Yugoslavia's poorer, heavily subsidized southern republics, Macedonia and Montenegro, are far less enthusiastic about a breakup. They may yet join Serbia in resisting such a move, or enlist in a new political grouping with Belgrade as its base. Further disintegration could also lead to aggressive new moves by Serbia, which has said repeatedly that in the event of the federation's breakup, it will redraw its borders. That would probably mean an attempt to annex Kosovo and a struggle with Croatia over the future of the republic of Bosnia and Herzegovina, where 33% of the people are Serbs.

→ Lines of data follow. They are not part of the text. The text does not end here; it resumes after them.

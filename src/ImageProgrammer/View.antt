-- ===== src/ImageProgrammer/View.antt =====
-- The flash as it will be once the open sector is written, and how a byte changes it.
use programmer.Prelude.{
  ℕ, ◌+◌, ◌-◌, ◌*◌, ◌/◌, ◌^◌, ◌≤◌, ◌<◌, ◌≡◌, refl, ◌⊎◌, inl, inr, List, [], ◌∷◌, get_or, get_or-set,
  get_or-set_ne, get_or-replicate, arith, ltb, leb, ◌==◌, if◌then◌else◌, ◌&&◌, Bool-cases, none,
  some,
}
use programmer.ImageProgrammer.{Cursor, Operation, written, flush, write, erase, switch_sector}
use programmer.ImageProgrammer.Flash.{Flash, apply, run, run-append}
use programmer.ImageProgrammer.Bytes.{
  Cells, put, put_all, find, near, Ascends, find_below, near_page,
}
use programmer.ImageProgrammer.Ready.{
  IsReady, Moves, switch_sector_stays, switch_sector-Moves, switch_sector-IsAt, put-IsReady,
  IsReady-mono,
}

unfoldable pub view : Cursor → Flash → Flash
view c f a =
    if leb c.sector_addr a && ltb a c.sector_end
    then get_or c.buffer (a - c.sector_addr) 0
    else run c.log f a

-- Between the open sector and the end of the erased pages the flash is erased.
abbrev pub IsBlank : Cursor → Flash → Type 0
IsBlank c f = (a : ℕ) → c.sector_end ≤ a → a < c.erase_end → run c.log f a ≡ 0xFF

-- Flushing brings the flash to the view.
run-flush : (c : Cursor) (f : Flash) (a i : ℕ) → IsReady c i → run (flush c).log f a ≡ view c f a
unfolding flush write view apply
run-flush c f a i (inl (e, k)) = ground arith
run-flush c f a i (inr (o, k)) = ground (arith, run-append c.log (written c.sector_addr c.buffer) f)

view_behind : (c : Cursor) (f : Flash) (a : ℕ) → c.sector_end ≤ a → view c f a ≡ run c.log f a
unfolding view
view_behind c f a h = ground arith

-- A sector that was just prepared shows 0xFF.
view_prepared :
    {c c' : Cursor} {i : ℕ} (f : Flash) (a : ℕ)
    → Moves c i c'
    → view c' f a
      ≡ (if leb (i / 64 * 64) a && ltb a (i / 64 * 64 + 64) then 0xFF else run c'.log f a)
unfolding view
view_prepared {i = i} f a m =
    rw (m.addr, m.end, m.blank) (ground (arith, get_or-replicate {A = ℕ} 64 0xFF (a - i / 64 * 64)))

module _ (c : Cursor) (f : Flash) (i : ℕ) (ready : IsReady c i) where
  run_kept : {log : List Operation} (a : ℕ) → log ≡ (flush c).log → run log f a ≡ view c f a
  run_kept a e = rw e (run-flush c f a i ready)

  run_erased :
      {log : List Operation} (p a : ℕ)
      → log ≡ (erase (flush c) p).log
      → run log f a ≡ (if leb p a && ltb a (p + 1024) then 0xFF else view c f a)
  unfolding apply erase
  run_erased p a e = rw (e, run-append, run-flush c f a i ready) (unfold apply in refl)

module _ (c : Cursor) (f : Flash) (i : ℕ) (ready : IsReady c i) (blank : IsBlank c f)
    (behind : c.sector_end ≤ i) where
  view-Moves :
      {c' : Cursor} (a : ℕ)
      → Moves c i c'
      → view c' f a ≡ (if leb c.erase_end a && (a / 1024 == i / 1024) then 0xFF else view c f a)
  view-Moves a m = elim m.page [
    | inl (h, e, l) ↦
        rw (view_prepared f a m, run_kept c f i ready a l)
          (ground (arith, ready, behind, blank a, view_behind c f a, h))
    | inr (h, e, l) ↦
        rw (view_prepared f a m, run_erased c f i ready (i / 1024 * 1024) a l)
          (ground (arith, ready, behind, h))
  ]

  Moves-IsBlank : {c' : Cursor} → Moves c i c' → IsBlank c' f
  Moves-IsBlank m a p q = elim m.page [
    | inl (h, e, l) ↦
        rw (run_kept c f i ready a l)
          (ground (arith, ready, behind, blank a, view_behind c f a, m.end))
    | inr (h, e, l) ↦ rw (run_erased c f i ready (i / 1024 * 1024) a l) (ground (arith, m.end))
  ]

module _ (c : Cursor) (f : Flash) (i : ℕ) (ready : IsReady c i) (blank : IsBlank c f)
    (low : i < 2 ^ 32) where
  view-switch_sector :
      (a : ℕ)
      → view (switch_sector c i) f a
        ≡ (if leb c.erase_end a && (a / 1024 == i / 1024) then 0xFF else view c f a)
  view-switch_sector a = elim (Bool-cases (ltb i c.sector_end)) [
    | inl e ↦ rw (switch_sector_stays c i (ground arith)) (ground (arith, ready))
    | inr e ↦
        view-Moves c f i ready blank (ground arith) a (switch_sector-Moves c i (ground arith) low)
  ]

  switch_sector-IsBlank : IsBlank (switch_sector c i) f
  switch_sector-IsBlank = elim (Bool-cases (ltb i c.sector_end)) [
    | inl e ↦ rw (switch_sector_stays c i (ground arith)) blank
    | inr e ↦
        Moves-IsBlank c f i ready blank (ground arith) (switch_sector-Moves c i (ground arith) low)
  ]

  put-IsBlank : (b : ℕ) → IsBlank (put c i b) f
  unfolding put
  put-IsBlank b = switch_sector-IsBlank

  view-put :
      (b a : ℕ)
      → view (put c i b) f a ≡ (
          if a == i
          then b
          else if leb c.erase_end a && (a / 1024 == i / 1024)
          then 0xFF
          else view c f a)
  unfolding put view
  view-put b a =
      let at = switch_sector-IsAt c i ready low in
      ground (
        arith,
        at.opened.full,
        at.opened.sector_end,
        at.above,
        at.below,
        view-switch_sector a,
        get_or-set (switch_sector c i).buffer (i - (switch_sector c i).sector_addr)
            (a - (switch_sector c i).sector_addr) b 0,
        get_or-set_ne (switch_sector c i).buffer (i - (switch_sector c i).sector_addr)
            (a - (switch_sector c i).sector_addr) b 0,
      )

  put-erase_end :
      (b : ℕ)
      → ((i < c.erase_end) × ((put c i b).erase_end ≡ c.erase_end))
        ⊎ ((c.erase_end ≤ i) × ((put c i b).erase_end ≡ i / 1024 * 1024 + 1024))
  unfolding put
  put-erase_end b = elim (Bool-cases (ltb i c.sector_end)) [
    | inl e ↦ rw (switch_sector_stays c i (ground arith)) (inl (ground (arith, ready), refl))
    | inr e ↦
        (let m = switch_sector-Moves c i (ground arith) low in
          elim m.page [
            | inl (h, e', l) ↦ inl (ground (arith, ready), e')
            | inr (h, e', l) ↦ inr (omega arith, e')
          ])
  ]

-- The view after a run of bytes: the bytes themselves, 0xFF in the rest of the pages that were
-- erased for them, and elsewhere the view before.
pub view-put_all :
    (cs : Cells) (c : Cursor) (f : Flash) (lo a : ℕ)
    → IsReady c lo
    → IsBlank c f
    → Ascends lo cs
    → view (put_all c cs) f a ≡ elim (find cs a) [
      | some b ↦ b
      | none ↦ if leb c.erase_end a && near cs a then 0xFF else view c f a
    ]
unfolding put_all find near
view-put_all [] c f lo a r bl h = ground arith
view-put_all ((i, b) ∷ cs) c f lo a r bl h =
    let ready : IsReady c i = IsReady-mono r h.0 in
    ground (
      arith,
      view-put_all cs (put c i b) f (i + 1) a (put-IsReady c i b ready h.1)
          (put-IsBlank c f i ready bl h.1 b) h.2,
      view-put c f i ready bl h.1 b a,
      put-erase_end c f i ready bl h.1 b,
      find_below (i + 1) cs a h.2,
      near_page (i + 1) cs a h.2,
    )

pub put_all-IsReady :
    (cs : Cells) (c : Cursor) (lo : ℕ)
    → IsReady c lo
    → Ascends lo cs
    → (hi : ℕ) × IsReady (put_all c cs) hi
unfolding put_all
put_all-IsReady [] c lo r h = (lo, r)
put_all-IsReady ((i, b) ∷ cs) c lo r h =
    put_all-IsReady cs (put c i b) (i + 1) (put-IsReady c i b (IsReady-mono r h.0) h.1) h.2
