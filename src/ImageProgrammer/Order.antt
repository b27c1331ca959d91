-- ===== src/ImageProgrammer/Order.antt =====
-- Sorting the sections: the result is a chain, and holds what the image holds.
use programmer.Prelude.{
  ℕ, ◌^◌, ◌≤◌, ◌<◌, ◌≡◌, refl, ◌∙◌, ap, ◌≢◌, inl, inr, ◌||◌, List, [], ◌∷◌, All, length, arith, ltb,
  Bool-cases,
}
use programmer.Image.{Section}
use programmer.Image.Contents.{
  or_else, or_else-swap, or_else_assoc, byte_at, lookup, limit, Apart, byte_at-Apart, IsSeparate,
}
use programmer.ImageProgrammer.{insert, sort}
use programmer.ImageProgrammer.Flash.{touches, touched}
use programmer.ImageProgrammer.Copy.{Chain}

-- The sections of a 32-bit address space that hold at least a byte.
abbrev pub IsLow : Section → Type 0
IsLow s = (0 < length s.bytes) × (limit s ≤ 2 ^ 32)

insert-Chain :
    (s : Section) (ts : List Section) (lo : ℕ)
    → IsLow s
    → lo ≤ s.address
    → All (Apart s) ts
    → All IsLow ts
    → Chain lo ts
    → Chain lo (insert s ts)
unfolding insert
insert-Chain s [] lo q h k l c = (h, q.1, tt)
insert-Chain s (t ∷ ts) lo q h k l c = elim (Bool-cases (ltb t.address s.address)) [
  | inl e ↦ rw e (c.0, c.1, insert-Chain s ts (limit t) q (ground (arith, k.0)) k.1 l.1 c.2)
  | inr e ↦ rw e (h, q.1, (ground (arith, k.0, l.0), c.1, c.2))
]

All-insert :
    (P : Section → Type 0) (s : Section) (ts : List Section) → P s → All P ts → All P (insert s ts)
unfolding insert
All-insert P s [] h k = (h, tt)
All-insert P s (t ∷ ts) h k = elim (Bool-cases (ltb t.address s.address)) [
  | inl e ↦ rw e (k.0, All-insert P s ts h k.1)
  | inr e ↦ rw e (h, k)
]

pub All-sort : (P : Section → Type 0) (ss : List Section) → All P ss → All P (sort ss)
unfolding sort
All-sort P [] h = tt
All-sort P (s ∷ ss) h = All-insert P s (sort ss) h.0 (All-sort P ss h.1)

pub sort-Chain : (ss : List Section) → All IsLow ss → IsSeparate ss → Chain 0 (sort ss)
unfolding sort
sort-Chain [] h k = tt
sort-Chain (s ∷ ss) h k =
    insert-Chain s (sort ss) 0 h.0 (omega arith) (All-sort (Apart s) ss k.0) (All-sort IsLow ss h.1)
      (sort-Chain ss h.1 k.1)

lookup-insert :
    (s : Section) (ts : List Section) (a : ℕ)
    → All (Apart s) ts
    → lookup (insert s ts) a ≡ or_else (byte_at s a) (lookup ts a)
unfolding insert lookup
lookup-insert s [] a h = refl
lookup-insert s (t ∷ ts) a h = elim (Bool-cases (ltb t.address s.address)) [
  | inl e ↦ rw e (
      ap (or_else (byte_at t a)) (lookup-insert s ts a h.1)
      ∙ ground (
        arith,
        or_else_assoc (byte_at t a) (byte_at s a) (lookup ts a),
        or_else_assoc (byte_at s a) (byte_at t a) (lookup ts a),
        or_else-swap (byte_at s a) (byte_at t a) (byte_at-Apart s t a h.0),
      ))
  | inr e ↦ rw e
]

pub lookup-sort : (ss : List Section) (a : ℕ) → IsSeparate ss → lookup (sort ss) a ≡ lookup ss a
unfolding sort lookup
lookup-sort [] a h = refl
lookup-sort (s ∷ ss) a h =
    lookup-insert s (sort ss) a (All-sort (Apart s) ss h.0)
    ∙ ap (or_else (byte_at s a)) (lookup-sort ss a h.1)

touched-insert :
    (s : Section) (ts : List Section) (a : ℕ)
    → touched (insert s ts) a ≡ (touches s.address s.bytes a || touched ts a)
unfolding insert touched
touched-insert s [] a = refl
touched-insert s (t ∷ ts) a = ground (arith, touched-insert s ts a)

pub touched-sort : (ss : List Section) (a : ℕ) → touched (sort ss) a ≡ touched ss a
unfolding sort touched
touched-sort [] a = refl
touched-sort (s ∷ ss) a =
    touched-insert s (sort ss) a ∙ ap (◌||◌ (touches s.address s.bytes a)) (touched-sort ss a)

pub sort-ne-nil : (s : Section) (ss : List Section) → sort (s ∷ ss) ≢ []
unfolding sort
sort-ne-nil s ss = insert-ne-nil (sort ss)
  where
    insert-ne-nil : (ts : List Section) → insert s ts ≢ []
    insert-ne-nil [] e = unfold insert in cc e
    insert-ne-nil (t ∷ ts) e = unfold insert in ground (arith, e)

Some 40% of Yugoslavia's 8.1 million Serbs live in other republics, making prospects for negotiated independence remote -- and the threat of violent confrontations real if change is not handled carefully. "Any unilateral attempts to break up Yugoslavia will lead to civil war," says Dusan Bilandjic, a political scientist at the University of Croatia in Zagreb. "Once it starts, it will be difficult to stop."

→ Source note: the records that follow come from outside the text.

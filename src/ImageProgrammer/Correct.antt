-- ===== src/ImageProgrammer/Correct.antt =====
-- `program` against its specification: what the flash holds after the operations that it emits.
use programmer.Prelude.{
  ℕ, ◌<◌, ◌≡◌, refl, ◌∙◌, inl, none, some, List, [], ◌∷◌, ◌++◌, ◌≢◌, All, length, arith,
  if◌then◌else◌,
}
use programmer.Exceptions.{ok}
use programmer.Image.{Section}
use programmer.Image.Contents.{IsSeparate}
use programmer.ImageProgrammer.{Cursor, Operation, written, write, start, sort, program}
use programmer.ImageProgrammer.Flash.{Flash, apply, run, run-append, programmed}
use programmer.ImageProgrammer.Bytes.{
  Cells, put, put_all, cells, all_cells, find, near, Ascends, find-all_cells, near-all_cells,
}
use programmer.ImageProgrammer.Ready.{IsOpen, IsReady, put-IsOpen, put-IsReady, IsReady-mono}
use programmer.ImageProgrammer.View.{view, IsBlank, view-put_all}
use programmer.ImageProgrammer.Copy.{Chain, process_sections-put_all, all_cells-Ascends}
use programmer.ImageProgrammer.Order.{
  IsLow, sort-Chain, sort-ne-nil, All-sort, lookup-sort, touched-sort,
}

pub start-IsReady : (garbage : List ℕ) → IsReady (start garbage) 0
unfolding start
start-IsReady garbage = inl (refl, refl)

start-IsBlank : (garbage : List ℕ) (f : Flash) → IsBlank (start garbage) f
unfolding start
start-IsBlank garbage f a h k = elim k [ ]

-- After the first byte a sector is open.
pub put_all-IsOpen :
    (i b : ℕ) (cs : Cells) (c : Cursor)
    → IsReady c i
    → Ascends i ((i, b) ∷ cs)
    → IsOpen (put_all c ((i, b) ∷ cs))
unfolding put_all
put_all-IsOpen i b [] c r h = (put-IsOpen c i b r h.1).0
put_all-IsOpen i b ((j, x) ∷ cs) c r h =
    put_all-IsOpen j x cs (put c i b) (IsReady-mono (put-IsReady c i b r h.1) h.2.0)
      (omega arith, h.2.1, h.2.2)

run-write :
    (c : Cursor) (f : Flash) (a : ℕ)
    → IsOpen c
    → run (write c c.sector_addr c.buffer).log f a ≡ view c f a
unfolding write view apply
run-write c f a o = ground (arith, run-append c.log (written c.sector_addr c.buffer) f)

view-start : (garbage : List ℕ) (f : Flash) (a : ℕ) → view (start garbage) f a ≡ f a
unfolding view start run
view-start garbage f a = ground arith

-- The operations for a run of bytes.
run-put_all :
    (garbage : List ℕ) (cs : Cells) (f : Flash) (a : ℕ)
    → cs ≢ []
    → Ascends 0 cs
    → (let c = put_all (start garbage) cs in run (write c c.sector_addr c.buffer).log f a)
      ≡ elim (find cs a) [ some x ↦ x | none ↦ if near cs a then 0xFF else f a ]
run-put_all garbage [] f a ne h = absurd (ne refl)
run-put_all garbage ((i, b) ∷ cs) f a ne h =
    let c = put_all (start garbage) ((i, b) ∷ cs) in
    let ready : IsReady (start garbage) i = IsReady-mono (start-IsReady garbage) (omega arith) in
    let up : Ascends i ((i, b) ∷ cs) = (omega arith, h.1, h.2) in
    run-write c f a (put_all-IsOpen i b cs (start garbage) ready up)
    ∙ view-put_all ((i, b) ∷ cs) (start garbage) f i a ready (start-IsBlank garbage f) up
    ∙ unfold start in ground (arith, view-start garbage f a)

pub all_cells-ne-nil : (ss : List Section) → All IsLow ss → ss ≢ [] → all_cells ss ≢ []
unfolding all_cells
all_cells-ne-nil [] h k = absurd (k refl)
all_cells-ne-nil (s ∷ ss) h k = cells-ne-nil s.bytes h.0.0
  where
    cells-ne-nil : (xs : List ℕ) → 0 < length xs → cells s.address xs ++ all_cells ss ≢ []
    cells-ne-nil [] p e = absurd (omega arith)
    cells-ne-nil (x ∷ xs) p e = unfold cells in cc e

-- Of an image with a section, whose sections are separate, not empty and below 2 ^ 32,
-- `program` returns the operations that program it: whatever the flash held, it then holds the
-- image's bytes, 0xFF in the rest of each page that has one of them, and the old bytes elsewhere.
pub program-programmed :
    (garbage : List ℕ) (s : Section) (ss : List Section)
    → All IsLow (s ∷ ss)
    → IsSeparate (s ∷ ss)
    → (log : List Operation) × (program garbage (s ∷ ss) ≡ ok log)
      × ((f : Flash) (a : ℕ) → run log f a ≡ programmed (s ∷ ss) f a)
unfolding program
program-programmed garbage s ss low sep =
    let sorted = sort (s ∷ ss) in
    let chain : Chain 0 sorted = sort-Chain (s ∷ ss) low sep in
    let c : Cursor = put_all (start garbage) (all_cells sorted) in
    (
      (write c c.sector_addr c.buffer).log,
      rw (process_sections-put_all sorted (start garbage) 0 (start-IsReady garbage) chain),
      λ f a.
          run-put_all garbage (all_cells sorted) f a
            (all_cells-ne-nil sorted (All-sort IsLow (s ∷ ss) low) (sort-ne-nil s ss))
            (all_cells-Ascends sorted 0 chain)
          ∙ unfold programmed in
            ground (
              arith,
              find-all_cells sorted a,
              near-all_cells sorted a,
              lookup-sort (s ∷ ss) a sep,
              touched-sort (s ∷ ss) a,
            ),
    )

Historical forces are stoking nationalism in Yugoslavia. For more than a millennium, the cultures of east and west have collided in this mountainous corner of the Balkans, and each of today's conflicts exposes layers of the past. Friction between the various republics may reflect the conflict between Roman Catholicism and Greek Orthodoxy, or Islam and Christianity, or Slav and Turk, or Slav and German. Yugoslavs do not even share an alphabet: Serbia uses Cyrillic script; Croatia and Slovenia, Roman. As the old British dictum went, Yugoslavia is a small country with big problems -- six republics, five nationalities, four languages, three religions, two alphabets and one political party. The only change today is a proliferation of parties as well.